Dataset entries

==================================================

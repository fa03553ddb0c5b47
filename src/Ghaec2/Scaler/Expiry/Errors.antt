-- ===== src/Ghaec2/Scaler/Expiry/Errors.antt =====
-- ghaec2/gha_actions_client.go: the texts of the errors of the session's three calls.
use actionsspot.Prelude.{
  ℤ, String, ◌≡◌, refl, Bool, true, false, not, ◌==◌, Option, none, some, List, if◌then◌else◌,
}
use actionsspot.Json.{Json}
use actionsspot.Effect
use actionsspot.Effect.{
  Request, Response, History, Env, Error, plain, wrap, actions, actions_detail, error_text, Result,
  ok, err, crash, Exec, pure, fail, lift, wrapped, wrap_result, attempt, ◌>>=◌, ◌>>◌, do_request,
  unmarshal_as, read_lenient, decode_body, decode_read, decode_json, converted, new_request,
  request_to, Url,
}
use actionsspot.Ghaec2.Types.{RunnerScaleSetMessage, decode_message}
use actionsspot.Ghaec2.Client.{
  decode_gh_error, parse_error_response, error_of_body, gh_error, Client,
}
use actionsspot.Ghaec2.Client.Messages.{
  get_message as client_get, acquire_jobs, delete_message, read_message, message_text,
  decoded_message, ask_for_message, send_delete,
}
use actionsspot.Ghaec2.Scaler.{is_token_expired}
use actionsspot.Ghaec2.Scaler.Expiry.Texts.{
  IsNotice, wrap_not_expired, plain_not_expired, actions_not_expired, capacity_not_expired,
}

-- No error of the result has one of the texts.
abbrev pub Fresh {ℓ} : {A : Type ℓ} → Result A → Type 0
Fresh (ok a) = Unit
Fresh (err e) = is_token_expired e ≡ false
Fresh (crash m) = Unit

pub record Unexpired {S A : Type 0} (m : Exec S A) : Type 0 where
  pub at : (s : S) → Fresh (m s).0

module _ {S A : Type 0} where
  Unexpired-pure : (a : A) → Unexpired {S = S} (pure a)
  unfolding pure
  Unexpired-pure a = record { at = λ s. tt }

  Unexpired-fail : (e : Error) → is_token_expired e ≡ false → Unexpired {S = S} {A = A} (fail e)
  unfolding fail
  Unexpired-fail e h = record { at = λ s. h }

  Unexpired-lift : (r : Result A) → Fresh r → Unexpired {S = S} (lift r)
  unfolding lift
  Unexpired-lift r h = record { at = λ s. h }

  Unexpired-wrapped : (p : String) (m : Exec S A) → IsNotice p → Unexpired (wrapped p m)
  unfolding wrapped
  Unexpired-wrapped p m n = record { at = λ s. go (m s).0 }
    where
      go : (r : Result A) → Fresh (wrap_result p r)
      go (ok a) = tt
      go (err e) = wrap_not_expired p e n
      go (crash x) = tt

  Unexpired-if :
      (b : Bool) (m n : Exec S A) → Unexpired m → Unexpired n → Unexpired (if b then m else n)
  Unexpired-if true m n h k = h
  Unexpired-if false m n h k = k

module _ {S A B : Type 0} where
  pub Unexpired-bind :
      (m : Exec S A) (f : A → Exec S B)
      → Unexpired m
      → ((a : A) → Unexpired (f a))
      → Unexpired (m >>= f)
  unfolding ◌>>=◌
  Unexpired-bind m f hm hf = record { at = λ s. go (m s).0 (m s).1 (hm.at s) }
    where
      go : (r : Result A) (s : S) → Fresh r → Fresh (Effect.continue r f s).0
      go (ok a) s h = (hf a).at s
      go (err e) s h = h
      go (crash x) s h = tt

module _ (env : Env) where
  Fresh-request :
      (method url : String) (body : Option Json) → Fresh (new_request env method url body)
  Fresh-request method url body =
      elim (env.parse_url url) as (λ o. Fresh (request_to method body o)) [
        | none ↦ unfold is_token_expired error_text in refl
        | some u ↦ tt
      ]

  error_response_not_expired :
      (resp : Response) → is_token_expired (parse_error_response env resp) ≡ false
  unfolding parse_error_response
  error_response_not_expired resp =
      elim resp.body
        as (λ o. is_token_expired (error_of_body env resp.status resp.request_id o) ≡ false) [
          | none ↦ actions_not_expired _ _ _ _
          | some b ↦
              elim (unmarshal_as env decode_gh_error b)
                as (λ o. is_token_expired (gh_error env resp.status resp.request_id b o) ≡ false) [
                  | none ↦ actions_not_expired _ _ _ _
                  | some gh ↦ actions_not_expired _ _ _ _
                ]
        ]

  Fresh-decode :
      {A : Type 0} (f : Json → Option A) (resp : Response) (p : String)
      → IsNotice p
      → Fresh (decode_body env f resp p)
  Fresh-decode f resp p n = elim resp.body as (λ o. Fresh (decode_read env f p o)) [
    | none ↦ wrap_not_expired p _ n
    | some b ↦ elim (env.decode b) as (λ o. Fresh (decode_json env f p o)) [
      | none ↦ wrap_not_expired p _ n
      | some j ↦ elim (f j) as (λ o. Fresh (converted p o)) [
        | none ↦ wrap_not_expired p _ n
        | some a ↦ tt
      ]
    ]
  ]

  Fresh-text : (o : Option String) → Fresh (message_text env o)
  Fresh-text none = wrap_not_expired "failed to read response body" _ (refl, refl)
  Fresh-text (some b) =
      elim (unmarshal_as env decode_message b) as (λ o. Fresh (decoded_message env o)) [
        | none ↦ wrap_not_expired "failed to decode response" _ (refl, refl)
        | some m ↦ tt
      ]

  Fresh-if :
      {A : Type 0} (b : Bool) (r q : Result A) → Fresh r → Fresh q → Fresh (if b then r else q)
  Fresh-if true r q h k = h
  Fresh-if false r q h k = k

  Fresh-message : (resp : Response) → Fresh (read_message env resp)
  Fresh-message resp =
      Fresh-if {A = Option RunnerScaleSetMessage} (resp.status == 202) (ok none)
        (if not (resp.status == 200)
          then err (parse_error_response env resp)
          else message_text env resp.body)
        tt
        (Fresh-if {A = Option RunnerScaleSetMessage} (not (resp.status == 200))
          (err (parse_error_response env resp)) (message_text env resp.body)
          (error_response_not_expired resp) (Fresh-text resp.body))

  ask-Unexpired :
      (token : String) (last capacity : ℤ) (o : Option Url)
      → Unexpired (ask_for_message env token last capacity o)
  ask-Unexpired token last capacity none =
      Unexpired-fail _ (wrap_not_expired "failed to parse message queue URL" _ (refl, refl))
  ask-Unexpired token last capacity (some u) =
      Unexpired-if _ _ _ (Unexpired-fail _ capacity_not_expired) (
        Unexpired-bind _ _
          (Unexpired-bind _ _ (Unexpired-lift _ (Fresh-request _ _ _)) (λ req. Unexpired-pure _))
          λ req.
            Unexpired-bind _ _ (Unexpired-wrapped _ _ (refl, refl))
              λ resp. Unexpired-lift _ (Fresh-message resp))

  pub get_message-Unexpired :
      (url token : String) (last capacity : ℤ) → Unexpired (client_get env url token last capacity)
  unfolding client_get
  get_message-Unexpired url token last capacity =
      ask-Unexpired token last capacity (env.parse_url url)

  pub acquire_jobs-Unexpired :
      (c : Client) (i : ℤ) (token : String) (ids : List ℤ)
      → Unexpired (acquire_jobs env c i token ids)
  unfolding acquire_jobs
  acquire_jobs-Unexpired c i token ids =
      Unexpired-bind _ _ (Unexpired-lift _ (Fresh-request _ _ _)) λ req.
        Unexpired-bind _ _ (Unexpired-wrapped _ _ (refl, refl)) λ resp.
          Unexpired-if _ _ _
            (Unexpired-fail _ (plain_not_expired "failed to acquire jobs (HTTP " _ (refl, refl)))
            (Unexpired-lift _ (Fresh-decode _ resp _ (refl, refl)))

  delete-Unexpired :
      (token : String) (i : ℤ) (o : Option Url) → Unexpired (send_delete env token i o)
  delete-Unexpired token i none =
      Unexpired-fail _ (wrap_not_expired "failed to parse message queue URL" _ (refl, refl))
  delete-Unexpired token i (some u) =
      Unexpired-bind _ _ (Unexpired-lift _ (Fresh-request _ _ _)) λ req.
        Unexpired-bind _ _ (Unexpired-wrapped _ _ (refl, refl)) λ resp.
          Unexpired-if _ _ _
            (Unexpired-fail _ (plain_not_expired "failed to delete message (HTTP " _ (refl, refl)))
            (Unexpired-pure tt)

  pub delete_message-Unexpired :
      (url token : String) (i : ℤ) → Unexpired (delete_message env url token i)
  unfolding delete_message
  delete_message-Unexpired url token i =
      Unexpired-if _ _ _ (Unexpired-pure tt) (delete-Unexpired token i (env.parse_url url))
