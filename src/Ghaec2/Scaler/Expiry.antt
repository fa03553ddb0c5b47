-- ===== src/Ghaec2/Scaler/Expiry.antt =====
-- The refresh of a session after an expired token: the texts that it looks for are no error's.
mod Texts
mod Errors
use text.Mathlib.Text.{starts_with}
use actionsspot.Prelude.{
  ℕ, ℤ, String, ◌+++◌, ◌≡◌, refl, sym, ◌∙◌, ap, Bool, true, false, not, ◌||◌, ◌==◌, Option, none,
  some, List, [], ◌∷◌, map, decimal, eq_iff, str_eq, prefix_ne, join, if◌then◌else◌, arith,
  Bool-cases, Option-cases, inl, inr,
}
use actionsspot.Json
use actionsspot.Json.{Json}
use actionsspot.Effect
use actionsspot.Effect.{
  Request, Response, History, Env, Error, plain, wrap, actions, actions_detail, error_text, Result,
  ok, err, crash, Exec, pure, fail, lift, wrapped, wrap_result, attempt, ◌>>=◌, ◌>>◌, do_request,
  unmarshal_as, read_lenient, decode_body, decode_read, decode_json, converted, new_request,
  request_to, Url,
}
use actionsspot.Ghaec2.Types.{RunnerScaleSetMessage, decode_message, JobAvailable}
use actionsspot.Ghaec2.Client.{
  GhError, decode_gh_error, item_messages, parse_error_response, error_of_body, gh_error, Client,
}
use actionsspot.Ghaec2.Client.Messages.{
  get_message as client_get, acquire_jobs, delete_message, message_request, read_message,
  message_text, decoded_message, ask_for_message, send_delete,
}
use actionsspot.Ghaec2.Scaler.{Scaler, call, gets, deref, is_token_expired}
use actionsspot.Ghaec2.Scaler.Messages.{
  ask_message, get_message, ask_jobs, ask_delete, acquire_available_jobs, delete_last_message,
  recover,
}
use actionsspot.Ghaec2.Scaler.Expiry.Errors.{
  Fresh, Unexpired, Unexpired-bind, get_message-Unexpired, acquire_jobs-Unexpired,
  delete_message-Unexpired,
}

module _ (env : Env) where
  Unexpired-gets : {A : Type 0} (f : Scaler → A) → Unexpired (gets f)
  unfolding gets
  Unexpired-gets f = record { at = λ s. tt }

  Unexpired-deref : {A : Type 0} (o : Option A) → Unexpired (deref o)
  unfolding deref
  Unexpired-deref none = record { at = λ s. tt }
  Unexpired-deref (some a) = record { at = λ s. tt }

  Unexpired-call : {A : Type 0} (m : Exec History A) → Unexpired m → Unexpired (call m)
  unfolding call
  Unexpired-call m u = record { at = λ s. u.at s.history }

  ask_message-Unexpired : Unexpired (ask_message env)
  ask_message-Unexpired = Unexpired-bind _ _ (Unexpired-gets _) λ config.
      Unexpired-bind _ _ (Unexpired-gets _) λ last. Unexpired-bind _ _ (Unexpired-gets _) λ current.
        Unexpired-bind _ _ (Unexpired-deref current)
          λ session. Unexpired-call _ (get_message-Unexpired env _ _ _ _)

  ask_jobs-Unexpired :
      (ids : List ℤ) (token_of : Exec Scaler String)
      → Unexpired token_of
      → Unexpired (ask_jobs env ids token_of)
  ask_jobs-Unexpired ids token_of u = Unexpired-bind _ _ (Unexpired-gets _) λ client.
      Unexpired-bind _ _ (Unexpired-gets _) λ config.
        Unexpired-bind _ _ u λ token. Unexpired-call _ (acquire_jobs-Unexpired env _ _ _ _)

  ask_delete-Unexpired : Unexpired (ask_delete env)
  ask_delete-Unexpired = Unexpired-bind _ _ (Unexpired-gets _) λ last.
      Unexpired-bind _ _ (Unexpired-gets _) λ current.
        Unexpired-bind _ _ (Unexpired-deref current)
          λ session. Unexpired-call _ (delete_message-Unexpired env _ _ _)

  recover_result :
      {A : Type 0} (retry : Exec Scaler A) (after what : String) (r : Result A) (t : Scaler)
      → Fresh r
      → Effect.continue (Effect.attempt_result r) (recover env retry after what) t
        ≡ (wrap_result what r, t)
  unfolding ◌>>=◌
  recover_result retry after what (ok a) t h = refl
  recover_result retry after what (err e) t h = rw h
  recover_result retry after what (crash x) t h = refl

  -- A call whose errors are never the two texts is not recovered from: its errors are wrapped.
  recover-Unexpired :
      {A : Type 0} (m retry : Exec Scaler A) (after what : String) (s : Scaler)
      → Unexpired m
      → (attempt m >>= recover env retry after what) s ≡ wrapped what m s
  unfolding ◌>>=◌
  recover-Unexpired m retry after what s u =
      recover_result retry after what (m s).0 (m s).1 (u.at s)

  -- Whatever the service answers, polling, acquiring and deleting are the plain call with its error
  -- wrapped: the session is not refreshed and the call is not made again.
  pub session_never_refreshed :
      (s : Scaler)
      → (get_message env s ≡ wrapped "failed to get next message" (ask_message env) s)
        × ((jobs : List JobAvailable)
            → acquire_available_jobs env jobs s
              ≡ wrapped "failed to acquire jobs"
                  (ask_jobs env
                    (map (λ job. job.runner_request_id) jobs)
                    (gets λ t. t.client.admin_token))
                  s)
        × (delete_last_message env s ≡ wrapped "failed to delete last message" (ask_delete env) s)
  unfolding get_message acquire_available_jobs delete_last_message
  session_never_refreshed s = (
    recover-Unexpired _ _ _ _ s ask_message-Unexpired,
    λ jobs. recover-Unexpired _ _ _ _ s (ask_jobs-Unexpired _ _ (Unexpired-gets _)),
    recover-Unexpired _ _ _ _ s ask_delete-Unexpired,
  )

-- Of an error that the service explains in JSON, the text that err.Error() gives holds the
-- documentation's address and not the explanation: answers that differ in the explanation alone
-- have one text.
pub explanation_lost :
    (env : Env) (status : ℕ) (id body₁ body₂ : String) (gh₁ gh₂ : GhError)
    → unmarshal_as env decode_gh_error body₁ ≡ some gh₁
    → unmarshal_as env decode_gh_error body₂ ≡ some gh₂
    → gh₁.documentation_url ≡ gh₂.documentation_url
    → error_text
        (parse_error_response env (record { status = status; request_id = id; body = some body₁ }))
      ≡ error_text (
          parse_error_response env (record { status = status; request_id = id; body = some body₂ }))
unfolding parse_error_response error_text
explanation_lost env status id body₁ body₂ gh₁ gh₂ p q d = rw (p, q, d)
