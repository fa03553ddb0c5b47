-- ===== src/Ghaec2/Scaler/Following.antt =====
-- The question that follows a message: it asks for what comes after it.
use actionsspot.Prelude.{
  ℤ, pos, ◌<ℤ◌, ◌≤ℤ◌, ltb_ℤ, show_int, String, ◌≡◌, refl, subst, true, false, some, ◌∷◌, arith,
}
use actionsspot.Effect
use actionsspot.Effect.{
  Url, Request, http, History, Env, Result, ok, err, crash, wrapped, lift, pure, do_request, ◌>>=◌,
  set_param, new_request, request_to, Exec,
}
use actionsspot.Ghaec2.Types.{RunnerScaleSetMessage, RunnerScaleSetSession}
use actionsspot.Ghaec2.Client.Messages.{get_message as client_get, read_message}
use actionsspot.Ghaec2.Scaler.{Scaler, call, gets, deref}
use actionsspot.Ghaec2.Scaler.Messages.{ask_message, get_message, acquire_step, handle_message}
use actionsspot.Ghaec2.Scaler.Parse.{ParsedMessage, parse_message}
use actionsspot.Ghaec2.Scaler.Expiry.{session_never_refreshed}
use actionsspot.Ghaec2.Scaler.Acknowledge.{handle_message_acknowledged}

-- One request was made after `h`, to this address.
abbrev pub Asked : Url → History → History → Type 0
Asked u h t = (req : Request) × (t ≡ http req ∷ h) × (req.url ≡ u)

end_state :
    {A B : Type 0} (r : Result A) (f : A → Result B) (t : History)
    → (Effect.continue r (λ a. lift (f a)) t).1 ≡ t
unfolding lift
end_state (ok a) f t = refl
end_state (err e) f t = refl
end_state (crash m) f t = refl

-- The address of the question for what follows message `i`.
abbrev pub following : ℤ → Url → Url
following i = set_param "lastMessageId" (show_int i)

module _ (env : Env) where
  -- An address that is written is read back as it was.
  abbrev pub ReadsBack : Url → Type 0
  ReadsBack u = env.parse_url (env.url_string u) ≡ some u

  get_message-Asked :
      (url token : String) (last capacity : ℤ) (u : Url) (h : History)
      → env.parse_url url ≡ some u
      → pos 0 ≤ℤ capacity
      → pos 0 <ℤ last
      → ReadsBack (following last u)
      → Asked (following last u) h (client_get env url token last capacity h).1
  unfolding client_get ◌>>=◌ lift pure wrapped do_request
  get_message-Asked url token last capacity u h parsed room some_last same =
      let not_negative : ltb_ℤ capacity (pos 0) ≡ false = ground arith in
      let positive : ltb_ℤ (pos 0) last ≡ true = ground arith in
      rw (parsed, not_negative, positive, same) (_, end_state _ (read_message env) _, refl)

  ask_message-Asked :
      (s : Scaler) (session : RunnerScaleSetSession) (u : Url)
      → s.session ≡ some session
      → env.parse_url session.message_queue_url ≡ some u
      → pos 0 ≤ℤ s.config.max_runners
      → pos 0 <ℤ s.last_message_id
      → ReadsBack (following s.last_message_id u)
      → Asked (following s.last_message_id u) s.history (ask_message env s).1.history
  unfolding gets deref call ◌>>=◌
  ask_message-Asked s session u held parsed room some_last same = rw held (
      get_message-Asked session.message_queue_url session.message_queue_access_token
        s.last_message_id s.config.max_runners u s.history parsed room some_last same)

  marked-Asked :
      (t : Scaler) (i : ℤ) (session : RunnerScaleSetSession) (u : Url)
      → t.last_message_id ≡ i
      → t.session ≡ some session
      → env.parse_url session.message_queue_url ≡ some u
      → pos 0 ≤ℤ t.config.max_runners
      → pos 0 <ℤ i
      → ReadsBack (following i u)
      → Asked (following i u) t.history (get_message env t).1.history
  unfolding wrapped
  marked-Asked t i session u marked held read room some_id same =
      subst (λ j. Asked (following j u) t.history (get_message env t).1.history) marked
        (rw (session_never_refreshed env t).0
          (ask_message-Asked t session u held read room (rw marked some_id) (rw marked same)))

  -- After a message with a positive id has been parsed and its jobs have been acquired, the next
  -- question for a message is one request, which asks for what follows that message: where the
  -- session, the capacity and the queue's address are valid, and the address that asks for what
  -- follows is read back as it was written.
  pub next_question :
      (msg : RunnerScaleSetMessage) (s : Scaler) (parsed : ParsedMessage)
      (session : RunnerScaleSetSession) (u : Url)
      → parse_message env msg ≡ ok parsed
      → (acquire_step env parsed.jobs_available s).0 ≡ ok tt
      → (handle_message env msg s).1.session ≡ some session
      → env.parse_url session.message_queue_url ≡ some u
      → pos 0 ≤ℤ (handle_message env msg s).1.config.max_runners
      → pos 0 <ℤ msg.message_id
      → ReadsBack (following msg.message_id u)
      → Asked
          (following msg.message_id u)
          (handle_message env msg s).1.history
          (get_message env (handle_message env msg s).1).1.history
  next_question msg s parsed session u p q held read room some_id same =
      marked-Asked (handle_message env msg s).1 msg.message_id session u
        (handle_message_acknowledged env msg s parsed p q).0 held read room some_id same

==================================================

Using the data above, extract exactly the lines from the one that holds "as (λ o. is_token_expired (error_of_body" to the one that holds "Response) (p : String)", both ends included, and no others.

* [RESPONSE TO THIS EXERCISE]
        as (λ o. is_token_expired (error_of_body env resp.status resp.request_id o) ≡ false) [
          | none ↦ actions_not_expired _ _ _ _
          | some b ↦
              elim (unmarshal_as env decode_gh_error b)
                as (λ o. is_token_expired (gh_error env resp.status resp.request_id b o) ≡ false) [
                  | none ↦ actions_not_expired _ _ _ _
                  | some gh ↦ actions_not_expired _ _ _ _
                ]
        ]

  Fresh-decode :
      {A : Type 0} (f : Json → Option A) (resp : Response) (p : String)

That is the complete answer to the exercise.